Le même schéma s’est répété contre les opposants, les militants, les internautes ordinaires et même les journalistes. Bruneau Laurette, Akil et Avinash Bissessur, ou encore Rachna Seenauth ont été arrêtés ou inquiétés pour avoir critiqué le pouvoir. Des convocations « under warning » ont visé plusieurs journalistes, et non des moindres. Pendant ce temps, des allégations persistantes de « planting » par des unités spécialisées, notamment la SST, ont installé une suspicion durable autour des méthodes policières. Le message était clair : toute voix dissidente serait soit intimidée, soit neutralisée.

La liberté d’expression s’en est trouvée profondément érodée. L’autocensure s’est enracinée, la population a appris à se taire pour éviter d’attirer l’attention des autorités. Et alors que le Premier ministre le Dr Navin Ramgoolam, a révélé au Parlement, après le changement de régime, l’existence d’un vaste système d’espionnage au bénéfice de l’ancien pouvoir, l’ampleur de la dérive institutionnelle devenait impossible à ignorer. Ce réseau de surveillance a certes été démantelé, mais il a durablement entaché la confiance entre citoyens et institutions.
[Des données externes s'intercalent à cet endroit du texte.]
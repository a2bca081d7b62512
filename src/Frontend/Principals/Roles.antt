-- ===== src/Frontend/Principals/Roles.antt =====
-- The roles tab of frontend/src/components/PrincipalAdmin.tsx, on the handlers of
-- frontend/src/routes/Principals.tsx. A disabled button or input does nothing.
pub mod Sent
use monok8s.Prelude.{Bool, true, false, Option, none, some, List, [], ◌∷◌, Text, lit, if◌then◌else◌}
use monok8s.Services.{Result}
use monok8s.Auth.Roles.{TenantRole, PrincipalType, user, principal_type_name}
use monok8s.Api.Principals.Roles.{Principal}
use monok8s.Api.Router.{Mutation, assign, unassign, change}
use monok8s.Frontend.Principals.{
  Validated, valid, invalid, validate_roles_form, validate_change_role_form,
}
use monok8s.Frontend.Principals.Handlers.{Signals, at_rest, begin, on_mutated, on_refetched}

-- `sent` is newest first. `expanded` is the role whose principals are shown.
pub record Roles : Type 0 where
  pub id : Text
  pub type : PrincipalType
  pub role : TenantRole
  pub old_role : TenantRole
  pub new_role : TenantRole
  pub expand_role : TenantRole
  pub client_error : Option Text
  pub selected : Option Principal
  pub expanded : Option TenantRole
  pub actions : Signals
  pub sent : List Mutation

abbrev pub opened : Roles
opened = record {
  id = [];
  type = user;
  role = TenantRole.viewer;
  old_role = TenantRole.viewer;
  new_role = TenantRole.member;
  expand_role = TenantRole.admin;
  client_error = none;
  selected = none;
  expanded = none;
  actions = at_rest;
  sent = [];
}

pub data Event : Type 0 where
  type_id : Text → Event
  pick_type : PrincipalType → Event
  pick_role pick_old pick_new pick_expand : TenantRole → Event
  lookup clear submit_assign submit_change expand expand_clear : Event
  click_unassign : TenantRole → Event
  -- The tab is left, and shown again: the component's own signals start anew.
  remount : Event
  mutated refetched : Result (Unit {0}) → Event

-- handleLookup
abbrev pub looked_up : Validated Principal → Roles → Roles
looked_up (invalid e) s = record s { client_error = some e; selected = none }
looked_up (valid p) s = record s { client_error = none; selected = some p }

-- A mutation is sent, and its handler waits.
abbrev pub send : Mutation → Roles → Roles
send m s = record s { client_error = none; actions = begin; sent = m ∷ s.sent }

-- handleAssign
abbrev pub assigned : Option Principal → Roles → Roles
assigned none s = record s { client_error = some (lit "Select a principal first") }
assigned (some p) s = send (assign p s.role) s

-- handleUnassign
abbrev pub unassigned : Option Principal → TenantRole → Roles → Roles
unassigned none role s = record s { client_error = none }
unassigned (some p) role s = send (unassign p role) s

-- handleChange
abbrev pub changed_to : Principal → Validated (TenantRole × TenantRole) → Roles → Roles
changed_to p (invalid e) s = record s { client_error = some e }
changed_to p (valid (old_role, new_role)) s = send (change p old_role new_role) s

abbrev pub changed : Option Principal → Roles → Roles
changed none s = record s { client_error = some (lit "Select a principal first") }
changed (some p) s = changed_to p (validate_change_role_form s.old_role s.new_role) s

-- What a button or an input of the first form does, where a mutation in flight disables it.
abbrev pub unless_pending : Roles → Roles → Roles
unless_pending s t = if s.actions.pending then s else t

unfoldable pub on_event : Event → Roles → Roles
on_event (type_id t) s = unless_pending s (record s { id = t })
on_event (pick_type t) s = unless_pending s (record s { type = t })
on_event (pick_role r) s = unless_pending s (record s { role = r })
on_event (pick_old r) s = unless_pending s (record s { old_role = r })
on_event (pick_new r) s = unless_pending s (record s { new_role = r })
on_event (pick_expand r) s = record s { expand_role = r }
on_event lookup s =
    unless_pending s (looked_up (validate_roles_form s.id (lit (principal_type_name s.type))) s)
on_event clear s =
    unless_pending s (record s { client_error = none; id = []; type = user; selected = none })
on_event submit_assign s = unless_pending s (assigned s.selected s)
on_event submit_change s = unless_pending s (changed s.selected s)
on_event expand s = record s { expanded = some s.expand_role }
on_event expand_clear s = record s { expanded = none }
on_event (click_unassign role) s = unless_pending s (unassigned s.selected role s)
on_event remount s = record s {
  id = [];
  type = user;
  role = TenantRole.viewer;
  old_role = TenantRole.viewer;
  new_role = TenantRole.member;
  expand_role = TenantRole.admin;
  client_error = none;
}
on_event (mutated r) s = record s { actions = on_mutated true s.actions.stage r s.actions }
on_event (refetched r) s = record s { actions = on_refetched s.actions.stage r s.actions }

unfoldable pub run : List Event → Roles → Roles
run [] s = s
run (e ∷ es) s = run es (on_event e s)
À cela s’ajoute l’utilisation systématique de questions plantées au Parlement pendant près d’une décennie, dont la majorité visait le même homme : Navin Ramgoolam. Plutôt que d’être un espace de débat démocratique, l’Assemblée nationale avait été transformée en arène où l’on cherchait à abattre un adversaire politique.

Face à tout cela, la posture victimaire adoptée aujourd’hui par Pravind Jugnauth frise l’absurde. Celui qui dénonce une supposée vengeance politique est le même qui, selon de nombreux observateurs et acteurs politiques, l’a pratiquée avec constance et détermination. Il est difficile de trouver un autre dirigeant moderne à Maurice ayant utilisé les institutions avec autant d’acharnement contre ses opposants.

Mais l’histoire politique du pays l’a démontré : un pouvoir qui gouverne par la peur finit toujours par s’effondrer. On peut fragiliser un adversaire pour un temps, on peut tenter d’effacer un parti, mais on ne peut jamais empêcher une idée de revenir. Et la démocratie mauricienne mérite un avenir fondé sur la justice, pas sur la revanche. L’actuel Premier ministre, le Dr Navin Ramgoolam, le sait. Et l’on a des raisons de croire qu’il ne fera pas la même erreur que Pravind Jugnauth.